Detta circostanza, allo stato, non consentiva di addivenire ad alcuna pronuncia di improcedibilità in ordine al reato di danneggiamento in quanto la predetta fattispecie, nell’ assetto normativo della Legge Cartabia, risultava procedibile d’ufficio.
Pur ritenendo la scrivente difesa non applicabile, in esito all’istruttoria dibattimentale, l’aggravante di cui al secondo comma dell’art. 635 c.p., al momento la stessa risultava contestata dall’accusa.

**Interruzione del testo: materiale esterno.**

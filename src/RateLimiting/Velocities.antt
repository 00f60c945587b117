-- ===== src/RateLimiting/Velocities.antt =====
-- The limits that `limitRate` keeps for one velocity.
use libfranka.Prelude.{◌≡◌, ◌⊎◌, inl, inr, refl, Bool, true, false, Double, ok, if◌then◌else◌}
use mathlib.Core.Path.{subst}
use libfranka.RateLimiting.Limits.{k_delta_t}
use libfranka.RateLimiting.Joints.{
  clamp, min_of, max_of, limit_velocity, limited_acceleration, safe_max_acceleration,
  safe_min_acceleration,
}
use libfranka.RateLimiting.Bounds.{IsOrder, IsTransitive, le-clamp}

module _ {F : Type 0} ⦃d : Double F⦄ where
  -- The acceleration at which a velocity comes to rest at a limit under the jerk.
  abbrev pub braking : (max_jerk max_acceleration limit velocity : F) → F
  braking max_jerk max_acceleration limit velocity =
      d.mul (d.div max_jerk max_acceleration) (d.sub limit velocity)

  -- The jerk of a commanded velocity.
  abbrev pub jerk_of : (commanded last_velocity last_acceleration : F) → F
  jerk_of commanded last_velocity last_acceleration =
      d.div (d.sub (d.div (d.sub commanded last_velocity) k_delta_t) last_acceleration) k_delta_t

  -- `x` is outside of the bounds of an acceleration.
  abbrev pub IsOutside : (up max_acceleration down x : F) → Type 0
  IsOutside up max_acceleration down x =
      (d.lt max_acceleration x ≡ true)
      ⊎ ((d.lt up x ≡ true) ⊎ ((d.lt x (d.neg max_acceleration) ≡ true) ⊎ (d.lt x down ≡ true)))

module _ {F : Type 0} ⦃d : Double F⦄ (IsNumber : F → Type 0) (order : IsOrder d IsNumber)
    (laws : IsTransitive d) where
  min_of-least :
      (x y : F)
      → IsNumber x
      → IsNumber y
      → IsNumber (min_of x y)
        × (d.le (min_of x y) x ≡ true)
        × (d.le (min_of x y) y ≡ true)
        × ((min_of x y ≡ x) ⊎ (min_of x y ≡ y))
  min_of-least x y p q = go (d.lt y x) refl
    where
      go :
          (b : Bool)
          → d.lt y x ≡ b
          → IsNumber (if b then y else x)
            × (d.le (if b then y else x) x ≡ true)
            × (d.le (if b then y else x) y ≡ true)
            × (((if b then y else x) ≡ x) ⊎ ((if b then y else x) ≡ y))
      go true e = (q, laws.le_of_lt y x e, order.reflexive y q, inr refl)
      go false e = (p, order.reflexive x p, order.le_of_not_lt y x q p e, inl refl)

  max_of-greatest :
      (x y : F)
      → IsNumber x
      → IsNumber y
      → IsNumber (max_of x y)
        × (d.le x (max_of x y) ≡ true)
        × (d.le y (max_of x y) ≡ true)
        × ((max_of x y ≡ x) ⊎ (max_of x y ≡ y))
  max_of-greatest x y p q = go (d.lt x y) refl
    where
      go :
          (b : Bool)
          → d.lt x y ≡ b
          → IsNumber (if b then y else x)
            × (d.le x (if b then y else x) ≡ true)
            × (d.le y (if b then y else x) ≡ true)
            × (((if b then y else x) ≡ x) ⊎ ((if b then y else x) ≡ y))
      go true e = (q, laws.le_of_lt x y e, order.reflexive y q, inr refl)
      go false e = (p, order.reflexive x p, order.le_of_not_lt x y p q e, inl refl)

-- A clamped number is itself unless a bound cuts it off.
clamped :
    {F : Type 0} ⦃d : Double F⦄ (x high low : F)
    → (clamp x high low ≡ x) ⊎ ((d.lt high x ≡ true) ⊎ (d.lt x low ≡ true))
clamped ⦃d⦄ x high low = go (d.lt high x) refl
  where
    inner :
        (b : Bool)
        → d.lt x low ≡ b
        → ((if b then low else x) ≡ x) ⊎ ((d.lt high x ≡ true) ⊎ (d.lt x low ≡ true))
    inner true e = inr (inr e)
    inner false e = inl refl

    go :
        (b : Bool)
        → d.lt high x ≡ b
        → (max_of (if b then high else x) low ≡ x) ⊎ ((d.lt high x ≡ true) ⊎ (d.lt x low ≡ true))
    go true e = inr (inl e)
    go false e = inner (d.lt x low) refl

module _ {F : Type 0} ⦃d : Double F⦄ (IsNumber : F → Type 0) (order : IsOrder d IsNumber)
    (laws : IsTransitive d) where
  -- A finite velocity command is answered with the last velocity and one cycle of an acceleration `a`. It
  -- is neither above the acceleration limit nor below its negation, and not outside the accelerations at
  -- which the velocity comes to rest at its two limits under the jerk limit. It is the last acceleration
  -- and one cycle of a jerk within the jerk limit, the commanded jerk or a limit that this is beyond,
  -- unless this acceleration is outside these bounds. The comparisons are those of an order on numbers,
  -- the limits, the commanded jerk and the acceleration of the limited jerk are numbers, and the lower
  -- bounds are not above the upper ones.
  pub limit_velocity-bounded :
      (upper lower max_acceleration max_jerk commanded last_velocity last_acceleration : F)
      → d.is_finite commanded ≡ true
      → IsNumber max_acceleration
      → IsNumber (d.neg max_acceleration)
      → IsNumber max_jerk
      → IsNumber (d.neg max_jerk)
      → IsNumber (jerk_of commanded last_velocity last_acceleration)
      → IsNumber (braking max_jerk max_acceleration upper last_velocity)
      → IsNumber (braking max_jerk max_acceleration lower last_velocity)
      → IsNumber (limited_acceleration max_jerk commanded last_velocity last_acceleration)
      → d.le (d.neg max_jerk) max_jerk ≡ true
      → d.le (d.neg max_acceleration) max_acceleration ≡ true
      → d.le (d.neg max_acceleration) (braking max_jerk max_acceleration upper last_velocity) ≡ true
      → d.le (braking max_jerk max_acceleration lower last_velocity) max_acceleration ≡ true
      → d.le
          (braking max_jerk max_acceleration lower last_velocity)
          (braking max_jerk max_acceleration upper last_velocity)
        ≡ true
      → (a j : F) × (limit_velocity upper lower max_acceleration max_jerk commanded last_velocity
            last_acceleration
          ≡ ok (d.add last_velocity (d.mul a k_delta_t)))
        × (d.le a max_acceleration ≡ true)
        × (d.le (d.neg max_acceleration) a ≡ true)
        × (d.le a (braking max_jerk max_acceleration upper last_velocity) ≡ true)
        × (d.le (braking max_jerk max_acceleration lower last_velocity) a ≡ true)
        × (d.le j max_jerk ≡ true)
        × (d.le (d.neg max_jerk) j ≡ true)
        × ((j ≡ jerk_of commanded last_velocity last_acceleration)
            ⊎ ((d.lt max_jerk (jerk_of commanded last_velocity last_acceleration) ≡ true)
                ⊎ (d.lt (jerk_of commanded last_velocity last_acceleration) (d.neg max_jerk)
                    ≡ true)))
        × ((a ≡ d.add last_acceleration (d.mul j k_delta_t))
            ⊎ IsOutside
                (braking max_jerk max_acceleration upper last_velocity)
                max_acceleration
                (braking max_jerk max_acceleration lower last_velocity)
                (d.add last_acceleration (d.mul j k_delta_t)))
  unfolding limit_velocity
  limit_velocity-bounded upper lower m jerk commanded v w finite n₁ n₂ n₃ n₄ n₅ n₆ n₇ n₈ o₁ o₂ o₃ o₄
        o₅ =
      let up = braking jerk m upper v in
      let down = braking jerk m lower v in
      let x = limited_acceleration jerk commanded v w in
      let high = safe_max_acceleration upper m jerk v in
      let low = safe_min_acceleration lower m jerk v in
      let (high_number, high_up, high_m, high_is) = min_of-least IsNumber order laws up m n₆ n₁ in
      let (low_number, down_low, m_low, low_is) =
        max_of-greatest IsNumber order laws down (d.neg m) n₇ n₂ in
      let sorted : d.le low high ≡ true = between low_is high_is in
      let (above, below) = le-clamp IsNumber order x high low n₈ high_number low_number sorted in
      let (jerk_above, jerk_below) =
        le-clamp IsNumber order (jerk_of commanded v w) jerk (d.neg jerk) n₅ n₃ n₄ o₁ in
      (
        clamp x high low,
        clamp (jerk_of commanded v w) jerk (d.neg jerk),
        rw finite,
        laws.transitive _ high m below high_m,
        laws.transitive (d.neg m) low _ m_low above,
        laws.transitive _ high up below high_up,
        laws.transitive down low _ down_low above,
        jerk_below,
        jerk_above,
        clamped (jerk_of commanded v w) jerk (d.neg jerk),
        cut (clamped x high low) high_is low_is,
      )
    where
      between :
          {high low : F}
          → (low ≡ braking jerk m lower v) ⊎ (low ≡ d.neg m)
          → (high ≡ braking jerk m upper v) ⊎ (high ≡ m)
          → d.le low high ≡ true
      between (inl p) (inl q) = rw (p, q) o₅
      between (inl p) (inr q) = rw (p, q) o₄
      between (inr p) (inl q) = rw (p, q) o₃
      between (inr p) (inr q) = rw (p, q) o₂

      cut :
          {a x high low : F}
          → (a ≡ x) ⊎ ((d.lt high x ≡ true) ⊎ (d.lt x low ≡ true))
          → (high ≡ braking jerk m upper v) ⊎ (high ≡ m)
          → (low ≡ braking jerk m lower v) ⊎ (low ≡ d.neg m)
          → (a ≡ x) ⊎ IsOutside (braking jerk m upper v) m (braking jerk m lower v) x
      cut (inl e) p q = inl e
      cut {x = x} (inr (inl e)) (inl p) q = inr (inr (inl (subst (λ h. d.lt h x ≡ true) p e)))
      cut {x = x} (inr (inl e)) (inr p) q = inr (inl (subst (λ h. d.lt h x ≡ true) p e))
      cut {x = x} (inr (inr e)) p (inl q) = inr (inr (inr (inr (subst (λ l. d.lt x l ≡ true) q e))))
      cut {x = x} (inr (inr e)) p (inr q) = inr (inr (inr (inl (subst (λ l. d.lt x l ≡ true) q e))))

Da qui la rilevanza della questione di legittimità Costituzionale nel procedimento che è stata sollevata dallo scrivente difensore, evidenziando il contrasto con l’art. 3 e 76 Cost.

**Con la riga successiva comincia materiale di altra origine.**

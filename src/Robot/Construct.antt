-- ===== src/Robot/Construct.antt =====
-- The constructor of `Robot::Impl`, with the handshake `connect` of src/network.h.
use libfranka.Prelude.{
  ℕ, zero, suc, ◌≡◌, ◌∙◌, ap, refl, Option, none, some, Double, Result, ok, raise, Method, pure,
  throw, ◌>>=◌, after-eq-ok, eq_of_fst,
}
use libfranka.Interface.{
  Command, MotionGeneratorMode, ControllerMode, RobotMode, WireState, Response, k_version,
}
use libfranka.Interface.Status
use libfranka.Exceptions.{Exception, incompatible_version, protocol, invalid_argument}
use libfranka.ControlTypes.{RealtimeConfig}
use libfranka.RobotState.{empty_robot_state}
use libfranka.Logger.{new}
use libfranka.Robot.State.{Network, Impl, update_state}

success_byte : (b : ℕ) → Status.connect b ≡ Status.Connect.success → b ≡ 0
success_byte zero h = refl
success_byte (suc zero) h = absurd (cc)
success_byte (suc (suc b)) h = absurd (cc)

returned :
    {A S E : Type 0} {a b : A} {x y : S} → ◌≡◌ {A = Result E A × S} (ok a, x) (ok b, y) → b ≡ a
returned k = cc

module _ {N F : Type 0} where
  -- The switch over the status; the version of the server on success.
  unfoldable pub handle_connect : Response → Status.Connect → Method (Exception F) N ℕ
  handle_connect r Status.Connect.success = pure r.version
  handle_connect r Status.Connect.incompatible_library_version =
      throw (incompatible_version r.version k_version)
  handle_connect r _ = throw (protocol "libfranka: Protocol error during connection attempt")

module _ {N F : Type 0} ⦃n : Network N F⦄ where
  -- `connect<Connect, kVersion>(network, &ri_version)`
  unfoldable pub connect_robot : Method (Exception F) N ℕ
  connect_robot c =
      (do
        command_id ← n.tcp_send_connect k_version (n.udp_port c)
        connect_response ← n.tcp_blocking_receive_response Command.connect command_id
        handle_connect connect_response (Status.connect connect_response.status))
        c

  -- The object before the first state is received. `current_move_controller_mode_` has no initial value
  -- in the source: it is the argument `indeterminate`, and so are the members that `updateState` sets.
  abbrev pub fresh :
      ⦃d : Double F⦄ → (indeterminate : ControllerMode) → ℕ → RealtimeConfig → ℕ → N → Impl N F
  fresh indeterminate log_size config version c = record {
    network = c;
    logger = new log_size;
    realtime_config = config;
    ri_version = version;
    robot_mode = RobotMode.other;
    motion_generator_mode = MotionGeneratorMode.idle;
    current_move_motion_generator_mode = MotionGeneratorMode.idle;
    controller_mode = ControllerMode.other;
    current_move_controller_mode = indeterminate;
    message_id = 0;
    current_state = empty_robot_state;
  }

  -- `Robot::Impl::Impl`; a null pointer is `none`.
  unfoldable pub construct :
      ⦃d : Double F⦄
      → ControllerMode
      → ℕ
      → RealtimeConfig
      → Option N
      → Result (Exception F) (Impl N F)
  construct indeterminate log_size config none =
      raise (invalid_argument "libfranka robot: Invalid argument")
  construct indeterminate log_size config (some c) =
      ((do
        version ← connect_robot
        first ← n.udp_blocking_receive
        (λ u. (ok (update_state first (fresh indeterminate log_size config version u)), u)))
        c).0

  handle_connect-ok :
      (r : Response) (status : Status.Connect) (s t : N) {version : ℕ}
      → handle_connect {F = F} r status s ≡ (ok version, t)
      → (status ≡ Status.Connect.success) × (version ≡ r.version) × (s ≡ t)
  unfolding handle_connect
  handle_connect-ok r Status.Connect.success s t h = (refl, cc, ap (λ p. p.1) h)
  handle_connect-ok r Status.Connect.incompatible_library_version s t h = absurd (cc)
  handle_connect-ok r (Status.Connect.unlisted b) s t h = absurd (cc)

  -- The constructor in its two steps.
  made_from :
      ⦃d : Double F⦄
      → (indeterminate : ControllerMode) (log_size : ℕ) (config : RealtimeConfig) (c : N)
        {t : Impl N F}
      → construct indeterminate log_size config (some c) ≡ ok t
      → (version : ℕ) × (v : N) × (connect_robot c ≡ (ok version, v))
        × (first : WireState F) × (n.udp_blocking_receive v
            ≡ (ok first, (n.udp_blocking_receive v).1))
        × (t
            ≡ update_state first
                (fresh indeterminate log_size config version (n.udp_blocking_receive v).1))
  unfolding construct
  made_from indeterminate log_size config c h =
      let (version, e₁, k₁) = after-eq-ok (connect_robot c) _ (eq_of_fst _ h) in
      let v = (connect_robot c).1 in
      let (first, e₂, k₂) = after-eq-ok (n.udp_blocking_receive v) _ k₁ in
      (
        version,
        v,
        eq_of_fst (connect_robot c) e₁,
        first,
        eq_of_fst (n.udp_blocking_receive v) e₂,
        returned k₂,
      )

  -- If the constructor returns an object, then the connection was not null; a `Connect` with the
  -- library's version and the UDP port of the connection was sent, and `r` is the response that the
  -- connection gave under the id of this request; the status of `r` is the success byte; and the object
  -- is the fresh one with the version in `r`, on which `updateState` copied the first state that arrived
  -- after the response.
  pub construct-ok :
      ⦃d : Double F⦄
      → (indeterminate : ControllerMode) (log_size : ℕ) (config : RealtimeConfig)
        (network : Option N) {t : Impl N F}
      → construct indeterminate log_size config network ≡ ok t
      → (c x v u : N) × (id : ℕ) × (r : Response) × (first : WireState F) × (network ≡ some c)
        × (n.tcp_send_connect k_version (n.udp_port c) c ≡ (ok id, x))
        × (n.tcp_blocking_receive_response Command.connect id x ≡ (ok r, v))
        × (r.status ≡ 0)
        × (n.udp_blocking_receive v ≡ (ok first, u))
        × (t ≡ update_state first (fresh indeterminate log_size config r.version u))
  unfolding connect_robot construct handle_connect
  construct-ok indeterminate log_size config none h = absurd (cc)
  construct-ok indeterminate log_size config (some c) {t = t} h =
      let (version, v, e₁, first, e₂, made) = made_from indeterminate log_size config c h in
      let sending = n.tcp_send_connect k_version (n.udp_port c) in
      let (id, f₁, g₁) = after-eq-ok (sending c) _ e₁ in
      let x = (sending c).1 in
      let (r, f₂, g₂) = after-eq-ok (n.tcp_blocking_receive_response Command.connect id x) _ g₁ in
      let y = (n.tcp_blocking_receive_response Command.connect id x).1 in
      let (success, same, kept) = handle_connect-ok r (Status.connect r.status) y v g₂ in
      (
        c,
        x,
        v,
        (n.udp_blocking_receive v).1,
        id,
        r,
        first,
        refl,
        eq_of_fst (sending c) f₁,
        eq_of_fst (n.tcp_blocking_receive_response Command.connect id x) f₂
            ∙ ap (λ z. (ok r, z)) kept,
        success_byte r.status success,
        e₂,
        rw (← same) made,
      )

Analizzando la riforma Cartabia ed il nuovo regime di procedibilità, è noto che è stato previsto un ampliamento del novero dei reati procedibili a querela, così radicalmente mutando il regime di procedibilità di otto delitti (quelli previsti dagli artt. 582, 590-bis, 605, 610, 614, 624, 634 e 635 co.1 c.p.) e due contravvenzioni (quelle previste dagli artt. 659 e 660 c.p.).
Particolare rilievo, nell’ambito del procedimento, assumeva che, ai sensi del co. 2 dell’art. 635 c.p., il delitto in esame era, pertanto, rimasto procedibile d’ufficio nel caso in cui abbia ad oggetto in particolare le cose indicate nel numero 7) dell’articolo 625 c.p., com’è noto, sono costituite da “cose esistenti in uffici o stabilimenti pubblici, o sottoposte a sequestro o a pignoramento, o esposte per necessità o per consuetudine o per destinazione alla pubblica fede, o destinate a pubblico servizio o a pubblica utilità, difesa o reverenza”.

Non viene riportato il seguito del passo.